Into the Bewilderness (HarperCollins, $15.99): Gus Gordon introduces Luis and Pablo, a large furry dreamer and his small, grumpy, loyal best friend, as they go on on a journey from their cozy corner of the Bewilderness to the big city. Along the way they encounter laser-eyed gargoyles, zombie chickens, quicksand and very important questions.

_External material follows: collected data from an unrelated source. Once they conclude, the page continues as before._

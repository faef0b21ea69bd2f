-- ===== src/Failover/Delivery.antt =====
-- Passes of the inner loop in which nothing ends the request: it gets a response that is relayed
-- wherever it comes, or goes on to the next target.
use shepard.Base.{
  ℕ, zero, suc, ◌+◌, ◌≡◌, String, Bool, true, false, Option, none, some, List, ℤ, pos, ltb_ℤ,
  is_pos, ◌&&◌, arith, inl, inr,
}
use shepard.Config.Types.{ProviderConfig}
use shepard.Queue.{Admission}
use shepard.Limiter.{AdmissionScope}
use shepard.Admission.{Shared}
use shepard.Failover.Retry.{
  Reply, failed, responded, Attempt, Sent, Progress, Flow, again, next_target, stopped, waiting,
  selected, after_error, after_response, after_reply, after_wait, after_admission, try_once,
  attempts, resume, wait_for_retry, should_retry_same, should_failover, give_back,
}
use shepard.Failover.Passes.{IsTransient}
use shepard.Failover.Targets.{attempt_count}
use shepard.Failover.Conditions.{
  given_back, Takes, IsOpen, IsGood, Succeeds, IsSelected, GoesOn, IsAgain, more_attempts,
}

module _ (Fit : Shared → Type 0) (retries : ℤ) (has_another : Bool)
    (provider : ProviderConfig) where
  -- What is shared when the request's reply is there, as its slots are given back.
  abbrev Returns : Attempt → List AdmissionScope → Progress → Type 0
  Returns env held q =
      Fit (given_back held q.shared) × Fit (env.during_backoff (given_back held q.shared))

  -- What one pass comes to, over an admission that was given.
  after_admission-lift :
      (P : Flow → Type 0) (env : Attempt) (sent : Sent) (p : Progress)
      (result : Option (Admission (List AdmissionScope)) × Shared)
      → Takes Fit env result
      → ((held : List AdmissionScope) (q : Progress)
          → Returns env held q
          → P (after_reply retries has_another provider env sent held q env.reply))
      → P (after_admission retries has_another provider env sent p result)
  unfolding after_admission
  after_admission-lift P env sent p (none, w) a h = absurd a
  after_admission-lift P env sent p (some a, w) (held, e, back, fits) h =
      rw (e, after_wait) (h held _ (back, fits))

  try_once-lift :
      (P : Flow → Type 0) (env : Attempt) (sent : Sent) (p : Progress)
      → IsOpen Fit provider sent.provider env
      → Fit p.shared
      → ((held : List AdmissionScope) (q : Progress)
          → Returns env held q
          → P (after_reply retries has_another provider env sent held q env.reply))
      → P (try_once retries has_another provider env sent p)
  unfolding try_once
  try_once-lift P env sent p o f h = after_admission-lift P env sent p _ (o.granted p.shared f) h

  after_reply-GoesOn :
      (env : Attempt) (sent : Sent) (held : List AdmissionScope) (q : Progress) (reply : Reply)
      → Returns env held q
      → env.ctx_ended ≡ false
      → env.backoff_ended ≡ true
      → has_another ≡ true
      → GoesOn Fit (after_reply retries has_another provider env sent held q reply)
  unfolding after_reply after_error after_response wait_for_retry should_failover should_retry_same
      give_back
  after_reply-GoesOn env sent held q (failed error) (f, g) e b a = ground arith
  after_reply-GoesOn env sent held q (responded response) (f, g) e b a = ground arith

  after_reply-IsSelected :
      (env : Attempt) (sent : Sent) (held : List AdmissionScope) (q : Progress) (reply : Reply)
      → IsGood reply
      → IsSelected (after_reply retries has_another provider env sent held q reply)
  unfolding after_reply after_response should_failover should_retry_same
  after_reply-IsSelected env sent held q (failed error) g = absurd g
  after_reply-IsSelected env sent held q (responded response) g = ground arith

  after_reply-IsAgain :
      (env : Attempt) (sent : Sent) (held : List AdmissionScope) (q : Progress) (reply : Reply)
      → Returns env held q
      → env.ctx_ended ≡ false
      → env.backoff_ended ≡ true
      → ltb_ℤ (pos sent.attempt) retries ≡ true
      → (is_pos provider.request_timeout && env.timed_out) ≡ false
      → IsTransient reply
      → IsAgain Fit (after_reply retries has_another provider env sent held q reply)
  unfolding after_reply after_error after_response wait_for_retry should_retry_same give_back
  after_reply-IsAgain env sent held q (failed error) (f, g) e b l t i = ground arith
  after_reply-IsAgain env sent held q (responded response) (f, g) e b l t i = ground arith

  resume-IsSelected :
      (next : Progress → Flow) (f : Flow)
      → IsAgain Fit f
      → ((p : Progress) → Fit p.shared → IsSelected (next p))
      → IsSelected (resume next f)
  resume-IsSelected next (again p) a h = h p a
  resume-IsSelected next (next_target p) a h = absurd a
  resume-IsSelected next (stopped p) a h = absurd a
  resume-IsSelected next (waiting p) a h = absurd a
  resume-IsSelected next (selected p sent response held) a h = absurd a

  resume-kept : (next : Progress → Flow) (f : Flow) → IsSelected f → IsSelected (resume next f)
  resume-kept next (again p) s = absurd s
  resume-kept next (next_target p) s = absurd s
  resume-kept next (stopped p) s = absurd s
  resume-kept next (waiting p) s = absurd s
  resume-kept next (selected p sent response held) s = s

  resume-GoesOn :
      (next : Progress → Flow) (f : Flow)
      → ((p : Progress) → Fit p.shared → GoesOn Fit (next p))
      → GoesOn Fit f
      → GoesOn Fit (resume next f)
  resume-GoesOn next (again p) h g = h p g
  resume-GoesOn next (next_target p) h g = g
  resume-GoesOn next (stopped p) h g = g
  resume-GoesOn next (waiting p) h g = g
  resume-GoesOn next (selected p sent response held) h g = g

  module _ (name : String) (env : ℕ → Attempt) (sent_at : ℕ → Reply → Sent)
      (at_provider : (j : ℕ) (r : Reply) → (sent_at j r).provider ≡ name)
      (numbered : (j : ℕ) (r : Reply) → (sent_at j r).attempt ≡ j)
      (is_open : (j : ℕ) → IsOpen Fit provider name (env j)) where
    sent_now : ℕ → Sent
    sent_now j = sent_at j (env j).reply

    at_sent : (j : ℕ) → IsOpen Fit provider (sent_now j).provider (env j)
    unfolding sent_now
    at_sent j = rw (at_provider j (env j).reply) (is_open j)

    pub attempts-GoesOn :
        (left attempt : ℕ) (p : Progress)
        → has_another ≡ true
        → Fit p.shared
        → GoesOn Fit (attempts retries has_another provider env sent_at left attempt p)
    unfolding attempts sent_now
    attempts-GoesOn zero attempt p a f = f
    attempts-GoesOn (suc left) attempt p a f =
        resume-GoesOn _ _ (λ q g. attempts-GoesOn left (attempt + 1) q a g)
          (try_once-lift (GoesOn Fit) (env attempt) (sent_now attempt) p (at_sent attempt) f
            (λ held q back.
              after_reply-GoesOn (env attempt) (sent_now attempt) held q (env attempt).reply back
                (is_open attempt).lasting (is_open attempt).backs_off a))

    pub attempts-IsSelected :
        (left attempt : ℕ) (p : Progress)
        → attempt + left ≡ attempt_count retries
        → Succeeds provider env left attempt
        → Fit p.shared
        → IsSelected (attempts retries has_another provider env sent_at left attempt p)
    unfolding attempts sent_now
    attempts-IsSelected zero attempt p e s f = absurd s
    attempts-IsSelected (suc left) attempt p e (inl good) f = resume-kept _ _ (
        try_once-lift IsSelected (env attempt) (sent_now attempt) p (at_sent attempt) f
          (λ held q back.
            after_reply-IsSelected (env attempt) (sent_now attempt) held q (env attempt).reply
              good))
    attempts-IsSelected (suc left) attempt p e (inr (passing, rest)) f =
        let more : ltb_ℤ (pos (sent_now attempt).attempt) retries ≡ true =
          rw (numbered attempt (env attempt).reply)
            (more_attempts retries provider env left attempt e rest) in
        resume-IsSelected _ _
          (try_once-lift (IsAgain Fit) (env attempt) (sent_now attempt) p (at_sent attempt) f
            (λ held q back.
              after_reply-IsAgain (env attempt) (sent_now attempt) held q (env attempt).reply back
                (is_open attempt).lasting (is_open attempt).backs_off more passing.in_time
                passing.transient))
          (λ q g. attempts-IsSelected left (attempt + 1) q (omega (arith, e)) rest g)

Galaxy: As the World Falls Down (DC, $16.99): Jadzia Axelrod and Rye Hickman reunite for the sequel to Galaxy: The Prettiest Star. Taylor Barzelay, now living openly as herself, follows girlfriend Kat on a college tour of Metropolis just as the alien race that destroyed her home planet arrives on Earth looking for her. With Superman outmatched, it falls to Taylor to become the hero she’s always been afraid to be.

Ghoul (Top Shelf, $19.99): Kasey Iris writes and draws this graphic novel about Lyn, a lonely 15-year-old Filipino American girl grieving her childhood best friend Meg when a monstrous cartoon ghoul climbs out of a comic book and into her life. Together they start uncovering the secrets hidden inside the walls of their new apartment building.